Task brief: Find the string "with" in the records and copy each line where it occurs.

(Collected data)
:::

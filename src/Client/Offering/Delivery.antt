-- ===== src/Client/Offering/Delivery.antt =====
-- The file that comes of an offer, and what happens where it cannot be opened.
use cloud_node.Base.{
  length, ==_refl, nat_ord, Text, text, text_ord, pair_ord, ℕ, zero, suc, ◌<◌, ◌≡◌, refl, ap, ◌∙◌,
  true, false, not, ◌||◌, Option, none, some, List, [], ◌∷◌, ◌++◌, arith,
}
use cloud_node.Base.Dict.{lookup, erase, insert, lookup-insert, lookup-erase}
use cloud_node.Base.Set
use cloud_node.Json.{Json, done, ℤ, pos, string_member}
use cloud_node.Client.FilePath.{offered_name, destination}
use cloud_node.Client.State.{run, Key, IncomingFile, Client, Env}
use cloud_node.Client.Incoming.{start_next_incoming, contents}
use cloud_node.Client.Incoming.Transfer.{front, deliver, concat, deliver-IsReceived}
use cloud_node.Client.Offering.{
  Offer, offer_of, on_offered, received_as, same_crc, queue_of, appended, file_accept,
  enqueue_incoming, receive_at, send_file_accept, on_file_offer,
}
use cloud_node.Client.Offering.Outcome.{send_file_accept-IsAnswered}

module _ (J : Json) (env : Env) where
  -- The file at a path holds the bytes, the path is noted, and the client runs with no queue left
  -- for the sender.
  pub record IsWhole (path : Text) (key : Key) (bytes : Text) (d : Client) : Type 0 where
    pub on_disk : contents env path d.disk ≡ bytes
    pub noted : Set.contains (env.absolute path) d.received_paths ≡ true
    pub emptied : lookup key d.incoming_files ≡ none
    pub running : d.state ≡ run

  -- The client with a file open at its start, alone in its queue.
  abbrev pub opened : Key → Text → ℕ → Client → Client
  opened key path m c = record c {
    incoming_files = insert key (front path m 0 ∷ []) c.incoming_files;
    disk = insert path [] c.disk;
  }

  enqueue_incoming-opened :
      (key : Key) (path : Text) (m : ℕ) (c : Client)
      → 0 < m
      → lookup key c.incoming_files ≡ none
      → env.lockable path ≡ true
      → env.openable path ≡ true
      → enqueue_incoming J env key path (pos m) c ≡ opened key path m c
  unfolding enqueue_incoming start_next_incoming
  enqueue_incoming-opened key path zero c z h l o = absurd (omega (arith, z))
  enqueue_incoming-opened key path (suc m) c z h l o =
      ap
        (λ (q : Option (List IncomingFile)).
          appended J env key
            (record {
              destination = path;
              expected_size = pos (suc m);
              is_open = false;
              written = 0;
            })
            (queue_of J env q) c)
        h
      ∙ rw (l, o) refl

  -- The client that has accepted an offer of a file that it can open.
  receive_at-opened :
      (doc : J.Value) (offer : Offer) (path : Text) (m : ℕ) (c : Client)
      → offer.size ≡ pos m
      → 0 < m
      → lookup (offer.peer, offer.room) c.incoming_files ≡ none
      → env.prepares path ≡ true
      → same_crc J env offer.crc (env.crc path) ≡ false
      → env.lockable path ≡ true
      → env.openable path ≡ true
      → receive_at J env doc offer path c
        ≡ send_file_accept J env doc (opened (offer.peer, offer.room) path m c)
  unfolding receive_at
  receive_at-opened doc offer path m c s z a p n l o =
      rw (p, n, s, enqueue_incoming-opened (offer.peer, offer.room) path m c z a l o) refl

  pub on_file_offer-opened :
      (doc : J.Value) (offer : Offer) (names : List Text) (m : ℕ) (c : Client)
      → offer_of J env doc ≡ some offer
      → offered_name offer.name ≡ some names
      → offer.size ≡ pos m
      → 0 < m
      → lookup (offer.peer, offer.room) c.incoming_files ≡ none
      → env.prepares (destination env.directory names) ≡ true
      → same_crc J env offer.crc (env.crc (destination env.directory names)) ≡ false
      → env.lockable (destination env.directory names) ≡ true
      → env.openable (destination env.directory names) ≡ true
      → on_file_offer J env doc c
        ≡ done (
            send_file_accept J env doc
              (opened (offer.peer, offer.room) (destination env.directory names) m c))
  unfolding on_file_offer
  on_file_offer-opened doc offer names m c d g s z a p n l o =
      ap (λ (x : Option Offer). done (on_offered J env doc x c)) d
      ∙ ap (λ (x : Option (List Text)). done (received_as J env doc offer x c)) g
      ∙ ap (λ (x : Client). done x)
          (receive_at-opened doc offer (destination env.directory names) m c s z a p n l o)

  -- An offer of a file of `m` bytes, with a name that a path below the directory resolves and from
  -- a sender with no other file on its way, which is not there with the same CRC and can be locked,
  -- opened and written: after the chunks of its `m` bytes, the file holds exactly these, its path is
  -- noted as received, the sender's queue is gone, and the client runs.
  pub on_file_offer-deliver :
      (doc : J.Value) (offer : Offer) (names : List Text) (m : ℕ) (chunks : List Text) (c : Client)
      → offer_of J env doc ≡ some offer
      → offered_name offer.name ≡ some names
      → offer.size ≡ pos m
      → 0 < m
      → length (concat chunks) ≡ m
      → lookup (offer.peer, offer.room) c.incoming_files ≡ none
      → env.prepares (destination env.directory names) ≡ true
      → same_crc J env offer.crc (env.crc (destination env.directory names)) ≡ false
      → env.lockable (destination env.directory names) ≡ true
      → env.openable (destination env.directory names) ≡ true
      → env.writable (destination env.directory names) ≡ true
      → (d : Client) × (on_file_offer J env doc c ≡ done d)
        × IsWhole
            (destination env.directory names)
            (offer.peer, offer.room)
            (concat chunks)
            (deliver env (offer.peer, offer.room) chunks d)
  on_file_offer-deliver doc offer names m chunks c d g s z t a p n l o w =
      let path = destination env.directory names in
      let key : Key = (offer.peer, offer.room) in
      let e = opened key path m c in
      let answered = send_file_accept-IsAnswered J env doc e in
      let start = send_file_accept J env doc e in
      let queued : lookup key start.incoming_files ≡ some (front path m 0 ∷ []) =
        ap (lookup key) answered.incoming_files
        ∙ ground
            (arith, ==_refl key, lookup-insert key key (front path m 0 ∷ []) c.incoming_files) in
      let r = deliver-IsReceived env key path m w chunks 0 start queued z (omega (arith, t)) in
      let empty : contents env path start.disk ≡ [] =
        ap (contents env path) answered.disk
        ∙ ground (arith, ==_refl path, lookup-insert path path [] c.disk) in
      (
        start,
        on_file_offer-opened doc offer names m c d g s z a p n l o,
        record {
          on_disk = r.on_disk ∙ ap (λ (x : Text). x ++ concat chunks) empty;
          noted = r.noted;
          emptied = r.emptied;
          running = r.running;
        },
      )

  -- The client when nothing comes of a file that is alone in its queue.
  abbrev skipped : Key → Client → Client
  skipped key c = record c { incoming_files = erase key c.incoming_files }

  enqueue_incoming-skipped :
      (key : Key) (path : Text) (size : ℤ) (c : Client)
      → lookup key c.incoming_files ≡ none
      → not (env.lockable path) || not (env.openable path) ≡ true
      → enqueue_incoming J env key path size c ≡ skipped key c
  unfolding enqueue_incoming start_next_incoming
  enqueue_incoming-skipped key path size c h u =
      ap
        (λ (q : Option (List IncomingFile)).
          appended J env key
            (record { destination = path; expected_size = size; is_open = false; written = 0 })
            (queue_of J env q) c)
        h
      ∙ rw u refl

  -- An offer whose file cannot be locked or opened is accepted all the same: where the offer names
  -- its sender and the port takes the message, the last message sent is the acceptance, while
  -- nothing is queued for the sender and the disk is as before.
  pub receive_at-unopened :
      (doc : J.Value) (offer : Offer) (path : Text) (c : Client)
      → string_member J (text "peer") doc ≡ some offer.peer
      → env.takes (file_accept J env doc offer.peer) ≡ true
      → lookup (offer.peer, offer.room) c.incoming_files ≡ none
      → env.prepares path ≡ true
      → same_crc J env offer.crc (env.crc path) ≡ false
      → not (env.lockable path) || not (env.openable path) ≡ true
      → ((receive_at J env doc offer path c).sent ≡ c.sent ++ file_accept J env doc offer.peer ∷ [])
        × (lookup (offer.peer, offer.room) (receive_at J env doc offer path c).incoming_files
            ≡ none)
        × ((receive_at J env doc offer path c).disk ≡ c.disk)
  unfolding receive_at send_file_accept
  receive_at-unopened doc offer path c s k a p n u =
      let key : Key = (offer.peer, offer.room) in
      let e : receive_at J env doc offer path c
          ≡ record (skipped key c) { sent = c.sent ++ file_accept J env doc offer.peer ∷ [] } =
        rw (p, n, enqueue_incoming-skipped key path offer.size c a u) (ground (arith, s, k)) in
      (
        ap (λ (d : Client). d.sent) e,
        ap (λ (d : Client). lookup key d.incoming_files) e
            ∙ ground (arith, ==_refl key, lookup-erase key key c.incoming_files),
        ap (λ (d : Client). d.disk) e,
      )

:::

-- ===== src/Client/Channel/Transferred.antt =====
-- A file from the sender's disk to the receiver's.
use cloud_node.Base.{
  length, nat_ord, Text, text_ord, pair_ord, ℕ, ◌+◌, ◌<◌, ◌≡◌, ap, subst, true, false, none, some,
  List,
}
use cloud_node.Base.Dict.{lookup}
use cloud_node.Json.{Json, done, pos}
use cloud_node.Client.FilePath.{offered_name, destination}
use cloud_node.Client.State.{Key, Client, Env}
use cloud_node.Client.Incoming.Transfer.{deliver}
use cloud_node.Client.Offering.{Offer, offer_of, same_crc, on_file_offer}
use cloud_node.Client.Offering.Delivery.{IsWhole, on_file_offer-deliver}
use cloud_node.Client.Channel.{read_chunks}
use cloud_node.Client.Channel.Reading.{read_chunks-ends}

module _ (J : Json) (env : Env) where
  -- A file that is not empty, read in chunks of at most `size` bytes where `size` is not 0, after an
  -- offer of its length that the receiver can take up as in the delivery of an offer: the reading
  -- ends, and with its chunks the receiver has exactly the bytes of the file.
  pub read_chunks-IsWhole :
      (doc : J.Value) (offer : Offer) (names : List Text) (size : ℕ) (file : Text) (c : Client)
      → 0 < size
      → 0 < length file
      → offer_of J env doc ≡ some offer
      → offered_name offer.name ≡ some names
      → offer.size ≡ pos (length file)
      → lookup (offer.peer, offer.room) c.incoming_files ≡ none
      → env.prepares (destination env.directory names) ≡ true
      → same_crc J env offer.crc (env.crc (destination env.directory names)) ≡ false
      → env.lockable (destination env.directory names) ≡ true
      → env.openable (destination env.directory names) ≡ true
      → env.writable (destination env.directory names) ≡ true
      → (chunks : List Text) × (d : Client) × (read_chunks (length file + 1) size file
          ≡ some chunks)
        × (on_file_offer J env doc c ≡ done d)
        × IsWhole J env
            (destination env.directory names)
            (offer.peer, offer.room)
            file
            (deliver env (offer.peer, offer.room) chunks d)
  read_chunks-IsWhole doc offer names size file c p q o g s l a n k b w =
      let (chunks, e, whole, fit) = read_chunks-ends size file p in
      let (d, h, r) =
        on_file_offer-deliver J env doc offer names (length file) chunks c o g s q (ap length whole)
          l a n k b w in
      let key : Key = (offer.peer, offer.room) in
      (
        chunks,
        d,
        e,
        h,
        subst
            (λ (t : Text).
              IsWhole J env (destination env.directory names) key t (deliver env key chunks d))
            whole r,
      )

:::

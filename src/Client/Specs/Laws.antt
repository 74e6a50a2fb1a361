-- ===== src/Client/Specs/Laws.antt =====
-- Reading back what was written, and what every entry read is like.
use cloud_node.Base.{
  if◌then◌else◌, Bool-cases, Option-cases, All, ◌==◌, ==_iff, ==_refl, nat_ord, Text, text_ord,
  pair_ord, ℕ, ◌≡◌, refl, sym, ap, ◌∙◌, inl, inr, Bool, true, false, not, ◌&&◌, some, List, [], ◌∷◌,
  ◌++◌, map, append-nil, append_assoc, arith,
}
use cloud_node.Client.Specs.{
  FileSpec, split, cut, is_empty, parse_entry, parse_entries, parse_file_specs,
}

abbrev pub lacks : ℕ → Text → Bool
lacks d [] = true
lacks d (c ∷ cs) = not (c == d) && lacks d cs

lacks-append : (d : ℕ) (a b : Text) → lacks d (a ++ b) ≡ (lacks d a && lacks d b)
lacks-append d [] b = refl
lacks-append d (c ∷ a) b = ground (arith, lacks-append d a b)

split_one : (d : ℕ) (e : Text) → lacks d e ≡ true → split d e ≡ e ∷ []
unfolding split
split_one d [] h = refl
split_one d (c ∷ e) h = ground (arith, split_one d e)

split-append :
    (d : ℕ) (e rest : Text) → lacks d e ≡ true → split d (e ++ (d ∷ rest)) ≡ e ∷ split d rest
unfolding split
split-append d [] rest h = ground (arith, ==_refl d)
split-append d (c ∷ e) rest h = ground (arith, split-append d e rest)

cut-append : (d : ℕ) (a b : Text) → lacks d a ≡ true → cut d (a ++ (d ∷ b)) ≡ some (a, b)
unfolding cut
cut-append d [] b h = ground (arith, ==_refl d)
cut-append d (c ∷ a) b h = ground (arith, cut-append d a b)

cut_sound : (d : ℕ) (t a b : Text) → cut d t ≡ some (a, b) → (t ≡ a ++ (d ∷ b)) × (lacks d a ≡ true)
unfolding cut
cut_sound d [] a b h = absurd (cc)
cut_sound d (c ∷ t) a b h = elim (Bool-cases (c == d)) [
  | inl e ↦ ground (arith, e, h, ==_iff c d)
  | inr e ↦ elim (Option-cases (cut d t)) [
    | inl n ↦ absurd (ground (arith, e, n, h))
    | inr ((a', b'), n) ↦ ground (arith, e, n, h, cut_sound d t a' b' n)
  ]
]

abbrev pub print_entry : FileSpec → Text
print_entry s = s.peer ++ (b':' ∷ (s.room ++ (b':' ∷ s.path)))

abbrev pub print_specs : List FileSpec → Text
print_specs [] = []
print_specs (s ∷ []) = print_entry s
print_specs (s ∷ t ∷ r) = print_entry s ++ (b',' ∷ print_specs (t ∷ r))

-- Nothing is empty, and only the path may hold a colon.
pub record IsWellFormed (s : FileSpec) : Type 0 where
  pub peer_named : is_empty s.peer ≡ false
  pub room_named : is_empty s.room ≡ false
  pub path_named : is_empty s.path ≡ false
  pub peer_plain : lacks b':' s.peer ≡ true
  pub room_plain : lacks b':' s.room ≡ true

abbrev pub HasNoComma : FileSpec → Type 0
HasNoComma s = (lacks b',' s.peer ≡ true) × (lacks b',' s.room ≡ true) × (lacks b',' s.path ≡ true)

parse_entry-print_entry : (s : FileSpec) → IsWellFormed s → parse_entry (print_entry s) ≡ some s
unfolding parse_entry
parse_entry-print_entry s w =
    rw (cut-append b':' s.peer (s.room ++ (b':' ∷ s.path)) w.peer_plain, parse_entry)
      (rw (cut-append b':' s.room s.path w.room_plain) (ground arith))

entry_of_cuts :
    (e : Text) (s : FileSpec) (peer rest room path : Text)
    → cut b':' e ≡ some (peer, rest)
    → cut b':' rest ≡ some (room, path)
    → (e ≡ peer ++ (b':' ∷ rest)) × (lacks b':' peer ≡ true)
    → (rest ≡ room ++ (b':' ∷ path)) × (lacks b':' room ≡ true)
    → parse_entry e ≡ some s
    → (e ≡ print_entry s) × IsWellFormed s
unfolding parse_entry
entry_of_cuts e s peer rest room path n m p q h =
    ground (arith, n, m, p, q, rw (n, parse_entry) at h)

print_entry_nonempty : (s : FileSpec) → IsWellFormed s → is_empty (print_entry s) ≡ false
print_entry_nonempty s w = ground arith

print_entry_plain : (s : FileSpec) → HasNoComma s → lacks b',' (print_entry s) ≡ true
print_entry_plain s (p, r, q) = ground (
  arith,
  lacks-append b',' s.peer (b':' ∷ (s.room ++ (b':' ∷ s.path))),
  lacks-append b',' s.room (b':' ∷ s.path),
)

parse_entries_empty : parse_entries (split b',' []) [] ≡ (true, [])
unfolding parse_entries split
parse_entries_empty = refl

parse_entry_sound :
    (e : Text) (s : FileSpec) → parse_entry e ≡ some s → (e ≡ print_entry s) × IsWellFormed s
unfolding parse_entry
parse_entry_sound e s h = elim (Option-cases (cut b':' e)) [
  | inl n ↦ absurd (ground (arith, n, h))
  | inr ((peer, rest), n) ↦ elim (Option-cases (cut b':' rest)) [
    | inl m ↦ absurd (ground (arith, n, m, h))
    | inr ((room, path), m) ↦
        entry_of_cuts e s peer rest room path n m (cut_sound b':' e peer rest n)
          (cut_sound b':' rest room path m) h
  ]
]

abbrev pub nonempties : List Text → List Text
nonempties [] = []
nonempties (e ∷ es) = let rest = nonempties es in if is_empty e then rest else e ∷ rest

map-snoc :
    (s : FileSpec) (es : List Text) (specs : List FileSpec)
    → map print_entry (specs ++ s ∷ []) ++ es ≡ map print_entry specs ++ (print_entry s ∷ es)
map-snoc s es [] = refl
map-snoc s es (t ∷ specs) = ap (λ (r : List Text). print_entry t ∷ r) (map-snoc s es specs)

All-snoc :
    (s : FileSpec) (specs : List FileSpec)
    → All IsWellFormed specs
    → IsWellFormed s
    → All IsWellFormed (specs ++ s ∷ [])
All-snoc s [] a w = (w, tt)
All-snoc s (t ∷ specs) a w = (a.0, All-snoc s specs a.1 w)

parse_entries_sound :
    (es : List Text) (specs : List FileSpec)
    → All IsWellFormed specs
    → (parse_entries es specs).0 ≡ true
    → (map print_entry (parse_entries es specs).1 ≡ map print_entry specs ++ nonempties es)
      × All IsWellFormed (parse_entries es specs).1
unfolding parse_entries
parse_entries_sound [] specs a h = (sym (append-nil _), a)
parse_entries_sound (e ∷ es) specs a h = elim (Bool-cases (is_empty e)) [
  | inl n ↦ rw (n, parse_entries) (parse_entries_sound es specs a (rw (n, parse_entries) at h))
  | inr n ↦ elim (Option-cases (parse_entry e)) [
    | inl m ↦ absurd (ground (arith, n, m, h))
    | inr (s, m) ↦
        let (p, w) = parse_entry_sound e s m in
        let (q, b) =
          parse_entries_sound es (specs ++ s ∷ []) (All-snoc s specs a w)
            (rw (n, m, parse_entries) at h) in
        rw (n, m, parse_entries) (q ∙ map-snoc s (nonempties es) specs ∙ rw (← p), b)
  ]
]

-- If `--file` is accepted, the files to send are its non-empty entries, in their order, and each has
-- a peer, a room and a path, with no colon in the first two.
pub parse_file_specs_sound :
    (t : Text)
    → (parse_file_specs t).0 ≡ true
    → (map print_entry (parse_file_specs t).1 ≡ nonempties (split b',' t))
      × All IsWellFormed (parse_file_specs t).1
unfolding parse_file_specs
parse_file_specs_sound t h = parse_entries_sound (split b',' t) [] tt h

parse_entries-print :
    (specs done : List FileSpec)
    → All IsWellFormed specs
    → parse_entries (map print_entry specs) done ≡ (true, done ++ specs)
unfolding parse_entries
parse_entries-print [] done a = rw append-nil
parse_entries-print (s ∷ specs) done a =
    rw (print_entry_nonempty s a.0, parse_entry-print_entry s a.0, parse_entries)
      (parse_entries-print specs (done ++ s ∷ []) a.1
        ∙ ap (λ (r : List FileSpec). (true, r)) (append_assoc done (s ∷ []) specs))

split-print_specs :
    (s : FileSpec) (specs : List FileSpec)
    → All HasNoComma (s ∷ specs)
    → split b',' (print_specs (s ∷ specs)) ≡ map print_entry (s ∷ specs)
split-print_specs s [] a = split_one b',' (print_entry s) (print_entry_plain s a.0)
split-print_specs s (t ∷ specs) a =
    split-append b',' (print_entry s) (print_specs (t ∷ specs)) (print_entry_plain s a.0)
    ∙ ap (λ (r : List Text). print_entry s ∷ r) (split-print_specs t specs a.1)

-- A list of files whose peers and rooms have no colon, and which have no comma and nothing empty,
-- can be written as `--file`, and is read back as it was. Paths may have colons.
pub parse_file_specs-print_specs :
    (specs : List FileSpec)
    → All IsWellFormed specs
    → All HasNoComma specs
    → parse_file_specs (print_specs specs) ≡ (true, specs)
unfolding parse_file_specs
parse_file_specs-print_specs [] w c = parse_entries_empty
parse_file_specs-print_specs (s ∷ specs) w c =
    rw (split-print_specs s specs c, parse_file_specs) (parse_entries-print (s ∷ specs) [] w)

:::

Exercise response:
  -- The file at a path holds the bytes, the path is noted, and the client runs with no queue left
  -- The client with a file open at its start, alone in its queue.
  -- An offer of a file of `m` bytes, with a name that a path below the directory resolves and from
  -- a sender with no other file on its way, which is not there with the same CRC and can be locked,
  -- ends, and with its chunks the receiver has exactly the bytes of the file.
-- a peer, a room and a path, with no colon in the first two.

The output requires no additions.